Canadian born Theodore (ted) Kerr is a Brooklyn based writer and organizer whose work focuses on HIV/AIDS, community, and culture. To stay in touch subscribe to his newsletter, Since Ted Talks was Taken.
In 2022 his book, We Are Having This Conversation Now: The Times of AIDS Cultural Production, with co-author, Alexandra Juhasz, was published by Duke University Press. His writing has also appeared in Women's Studies Quarterly, The New Inquiry, BOMB, CBC (Canada), Lambda Literary, POZ Magazine, The Advocate, Cineaste, The St. Louis American, IndieWire, HyperAllergic, and other publications. In 2016, he won the Best Journalism award from POZ Magazine for his HyperAllergic article on race, HIV, and art. In 2019, Kerr was the editor of On Curating Issue 42, What You Don´t Know About AIDS Could Fill a Museum. In 2015, Kerr was the editor of Time Is Not a Line: Conversations, Essays, and Images about AIDS Now for the We Who Feel Differently journal.

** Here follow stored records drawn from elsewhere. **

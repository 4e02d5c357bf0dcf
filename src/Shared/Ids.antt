-- ===== src/Shared/Ids.antt =====
-- Ids of the shape `<kind>:<key>`, as the search boxes and the sheets of the modes use them. A text is
-- the list of its characters' codes here.
pub mod RoundTrip
use Prim.Native.Char.{code}
use Prim.Native.String.{String}
use fintraffic.Base.{
  ℕ, zero, suc, Bool, true, false, ◌&&◌, List, [], ◌∷◌, ◌++◌, Option, none, some, ◌==◌,
  if◌then◌else◌,
}

abbrev pub Text : Type 0
Text = List ℕ

-- The characters of a string, by their code points.
abbrev pub chars : String → Text
chars String.[] = []
chars (String.◌∷◌ c s) = code c ∷ chars s

-- `a === b`.
unfoldable pub text_eq : Text → Text → Bool
text_eq [] [] = true
text_eq [] (b ∷ y) = false
text_eq (a ∷ x) [] = false
text_eq (a ∷ x) (b ∷ y) = (a == b) && text_eq x y

abbrev pub colon : ℕ
colon = b':'

-- The template `${kind}:${key}`.
abbrev pub make_id : Text → Text → Text
make_id kind key = kind ++ (colon ∷ key)

abbrev pub next {ℓ} : {A : Type ℓ} → A → Option (List A × List A) → Option (List A × List A)
next c none = none
next c (some (before, after)) = some (c ∷ before, after)

-- What stands before and after the first colon; `none` if `indexOf` gives -1.
unfoldable pub split_id : Text → Option (Text × Text)
split_id [] = none
split_id (c ∷ id) = let rest = next c (split_id id) in if c == colon then some ([], id) else rest

abbrev pub all_but_last : Text → Text
all_but_last [] = []
all_but_last (c ∷ []) = []
all_but_last (c ∷ (d ∷ id)) = c ∷ all_but_last (d ∷ id)

-- `id.slice(0, sep)` and `id.slice(sep + 1)`: with no colon, -1 counts from the end, and 0 is the
-- start.
abbrev pub parts_of : Text → Option (Text × Text) → Text × Text
parts_of id none = (all_but_last id, id)
parts_of id (some parts) = parts

unfoldable pub parse_id : Text → Text × Text
unfolding split_id
parse_id id = parts_of id (split_id id)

Kerr was ISSUE Project Room´s 2022 Suzanne Fiol Curatorial Fellow. He presented THE BODY POPULAR, a curated series of gatherings and broadcasts, propelled by artists, podcasters, writers, and others in NYC across the U.S. invested in questions around power, community, knowledge, and consumption in the 21st century. The series included 3 programs: Beyond the Flat with Zachary Fabri + Samantha Box at Weeksville; Audio Meme with James T. Green, Josh Gwynn + Leila Day; and I, Of Course, Was Livid with Elizabeth Koke for What Would an HIV Doula Do?. For the US National Library of Medicine, Kerr curated a travelling and online exhibition: AIDS, Posters, and Stories of Public Health: A People’s History of a Pandemic. Kerr also worked with the David Zwirner exhibition More Life to produce the With Art / With HIV publication featuring charles ryan long, Eva Hayward, Jessica Whitbread, Kairon Liu, Lois Conley,Malaya Lakas, Ricky Varghese, Shyronn Tavia Jones, Sunil Gupta, Szymon Adamczak,and Yuè Begay.
Kerr is a founding member of the What Would An HIV Doula Do? collective active since 2015 of people committed to better implicating community within the ongoing response to HIV/AIDS. Since the start of the COVID-19 pandemic, the collective has been active considering multiple pandemics in tandem. In 2021, they produced cultural production exploring the last 40 years of AIDS response in the US. In the winter of 2019, WWHIVDD curated an exhibition for the One Archives and the NYC LGBT Center entitled, METANOIA: Transformations through AIDS Archives and Activism. The collective’s work has been featured in The Body, Art in America and POZ magazine.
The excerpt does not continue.